By phasing out the policy over a period of years, she said the Department of Labor’s proposal is designed to give employers and workers time to adjust to the changes and, hopefully, mitigate negative outcomes – including sweeping job losses.
However, some organizations who’ve already nixed the subminimum wage, like Human Technologies in New York, took much longer than the proposed three years to wean off the practice.
Human Technologies began discussing ways to eliminate the subminimum wage in the early 2010s, when it saw a surge in criticism over the policy.

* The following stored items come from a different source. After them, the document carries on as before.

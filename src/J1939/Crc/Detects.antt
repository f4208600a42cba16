-- ===== src/J1939/Crc/Detects.antt =====
-- core/src/j1939.rs: the checksum and changes of the message.
use fieldbus_control_node.Prelude.{
  ℕ, ◌≤◌, zero, suc, ◌+◌, ◌/◌, ◌%◌, ◌^◌, ◌<◌, ◌≡◌, ◌≢◌, refl, ap, ◌∙◌, sym, Bool, true, ◌&&◌, List,
  [], ◌∷◌, ◌++◌, arith, bit_xor, ◌==◌, ltb, if◌then◌else◌,
}
use fieldbus_control_node.Prelude.Bits.{bit_xor-lt, bit_xor-injective, bit_xor_comm}
use fieldbus_control_node.J1939.Crc.{IsBytes, shift_bits, crc_byte, crc_bytes, crc8_j1850}

-- A test of every byte value up to a bound, run once.
passes_up_to : (ℕ → Bool) → ℕ → Bool
passes_up_to test zero = test 0
passes_up_to test (suc top) = test (suc top) && passes_up_to test top

passes_each : (test : ℕ → Bool) (top c : ℕ) → c ≤ top → passes_up_to test top ≡ true → test c ≡ true
unfolding passes_up_to
passes_each test zero c small all = let none_less : c ≡ 0 = omega arith in rw none_less all
passes_each test (suc top) c small all = ground (arith, passes_each test top c)

-- One turn run backwards: an odd checksum is one that took the polynomial.
unshift_bit : ℕ → ℕ
unshift_bit c = if c % 2 == 1 then bit_xor c 0x1D / 2 + 128 else c / 2

unshift_bits : ℕ → ℕ → ℕ
unfolding unshift_bit
unshift_bits zero c = c
unshift_bits (suc left) c = unshift_bits left (unshift_bit c)

-- A whole byte's turns stay within a byte and can be run backwards.
byte_turns_table :
    passes_up_to (λ x. (unshift_bits 8 (shift_bits 8 x) == x) && ltb (shift_bits 8 x) 256) 255
    ≡ true
unfolding passes_up_to shift_bits unshift_bits
byte_turns_table = refl

byte_turns : (x : ℕ) → x < 2 ^ 8 → (unshift_bits 8 (shift_bits 8 x) ≡ x) × (shift_bits 8 x < 2 ^ 8)
byte_turns x h = ground (
  arith,
  passes_each (λ y. (unshift_bits 8 (shift_bits 8 y) == y) && ltb (shift_bits 8 y) 256) 255 x
      (omega arith) byte_turns_table,
)

byte_turns-injective : (x y : ℕ) → x < 2 ^ 8 → y < 2 ^ 8 → shift_bits 8 x ≡ shift_bits 8 y → x ≡ y
byte_turns-injective x y h g e = sym (byte_turns x h).0 ∙ ap (unshift_bits 8) e ∙ (byte_turns y g).0

crc_byte-lt : (c b : ℕ) → c < 2 ^ 8 → b < 2 ^ 8 → crc_byte c b < 2 ^ 8
unfolding crc_byte
crc_byte-lt c b h g = (byte_turns (bit_xor c b) (bit_xor-lt 8 c b h g)).1

-- Different bytes, and different checksums so far, lead to different checksums.
crc_byte-injective :
    (c b d : ℕ) → c < 2 ^ 8 → b < 2 ^ 8 → d < 2 ^ 8 → crc_byte c b ≡ crc_byte c d → b ≡ d
unfolding crc_byte
crc_byte-injective c b d h g k e = bit_xor-injective c b d (
    byte_turns-injective (bit_xor c b) (bit_xor c d) (bit_xor-lt 8 c b h g) (bit_xor-lt 8 c d h k)
      e)

crc_byte-injective_state :
    (c d b : ℕ) → c < 2 ^ 8 → d < 2 ^ 8 → b < 2 ^ 8 → crc_byte c b ≡ crc_byte d b → c ≡ d
unfolding crc_byte
crc_byte-injective_state c d b h g k e = bit_xor-injective b c d (
    bit_xor_comm b c
    ∙ byte_turns-injective (bit_xor c b) (bit_xor d b) (bit_xor-lt 8 c b h k) (bit_xor-lt 8 d b g k)
        e
    ∙ bit_xor_comm d b)

crc_bytes-lt : (c : ℕ) (bytes : List ℕ) → c < 2 ^ 8 → IsBytes bytes → crc_bytes c bytes < 2 ^ 8
unfolding crc_bytes
crc_bytes-lt c [] h v = h
crc_bytes-lt c (b ∷ bytes) h v = crc_bytes-lt (crc_byte c b) bytes (crc_byte-lt c b h v.0) v.1

-- The checksum is a byte.
pub crc8_j1850-lt : (bytes : List ℕ) → IsBytes bytes → crc8_j1850 bytes < 2 ^ 8
unfolding crc8_j1850
crc8_j1850-lt bytes v = crc_bytes-lt 0xFF bytes (omega arith) v

crc_bytes-injective :
    (c d : ℕ) (bytes : List ℕ)
    → c < 2 ^ 8
    → d < 2 ^ 8
    → IsBytes bytes
    → crc_bytes c bytes ≡ crc_bytes d bytes
    → c ≡ d
unfolding crc_bytes
crc_bytes-injective c d [] h g v e = e
crc_bytes-injective c d (b ∷ bytes) h g v e = crc_byte-injective_state c d b h g v.0 (
    crc_bytes-injective (crc_byte c b) (crc_byte d b) bytes (crc_byte-lt c b h v.0)
      (crc_byte-lt d b g v.0) v.1 e)

crc_bytes-single :
    (c : ℕ) (before : List ℕ) (b d : ℕ) (after : List ℕ)
    → c < 2 ^ 8
    → IsBytes before
    → b < 2 ^ 8
    → d < 2 ^ 8
    → IsBytes after
    → crc_bytes c (before ++ b ∷ after) ≡ crc_bytes c (before ++ d ∷ after)
    → b ≡ d
unfolding crc_bytes
crc_bytes-single c [] b d after h v g k w e = crc_byte-injective c b d h g k (
    crc_bytes-injective (crc_byte c b) (crc_byte c d) after (crc_byte-lt c b h g)
      (crc_byte-lt c d h k) w e)
crc_bytes-single c (x ∷ before) b d after h v g k w e =
    crc_bytes-single (crc_byte c x) before b d after (crc_byte-lt c x h v.0) v.1 g k w e

-- For byte messages: two messages that differ in exactly one byte, at any position and by any
-- amount, have different checksums.
pub single_byte_detected :
    (before : List ℕ) (b d : ℕ) (after : List ℕ)
    → IsBytes before
    → b < 2 ^ 8
    → d < 2 ^ 8
    → IsBytes after
    → b ≢ d
    → crc8_j1850 (before ++ b ∷ after) ≢ crc8_j1850 (before ++ d ∷ after)
unfolding crc8_j1850
single_byte_detected before b d after v h g w ne e =
    ne (crc_bytes-single 0xFF before b d after (omega arith) v h g w e)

In 2015, Giarrusso said the organization opted not to create more types of work that would require a lower wage and instead searched for high-profit jobs it could modify to fit employees’ abilities.
The process took around a decade and lots of imagination. One solution was pottery. Giarrusso teamed up with the ceramics company 4 Elements Studio to design a way for workers with disabilities to make porcelain-glazed pieces that sell for around $90.
“Until you change the boundaries at which you’re operating, the solutions and the possibilities don’t change,” Giarrusso said of the process of developing new types of jobs.
Giarrusso has empathy for organizations that for years have operated under 14(c) and could need to reevaluate their business if the federal rule goes into effect. But he is hopeful that Human Technologies may help provide a road map for how those companies can end the subminimum wage.
“If you don’t believe that you can employ and compensate people with very severe disabilities at or above minimum wage, then you’ll never see it,” Giarrusso said. “Because that’s what you have to do in order to see it come true: You have to create it.”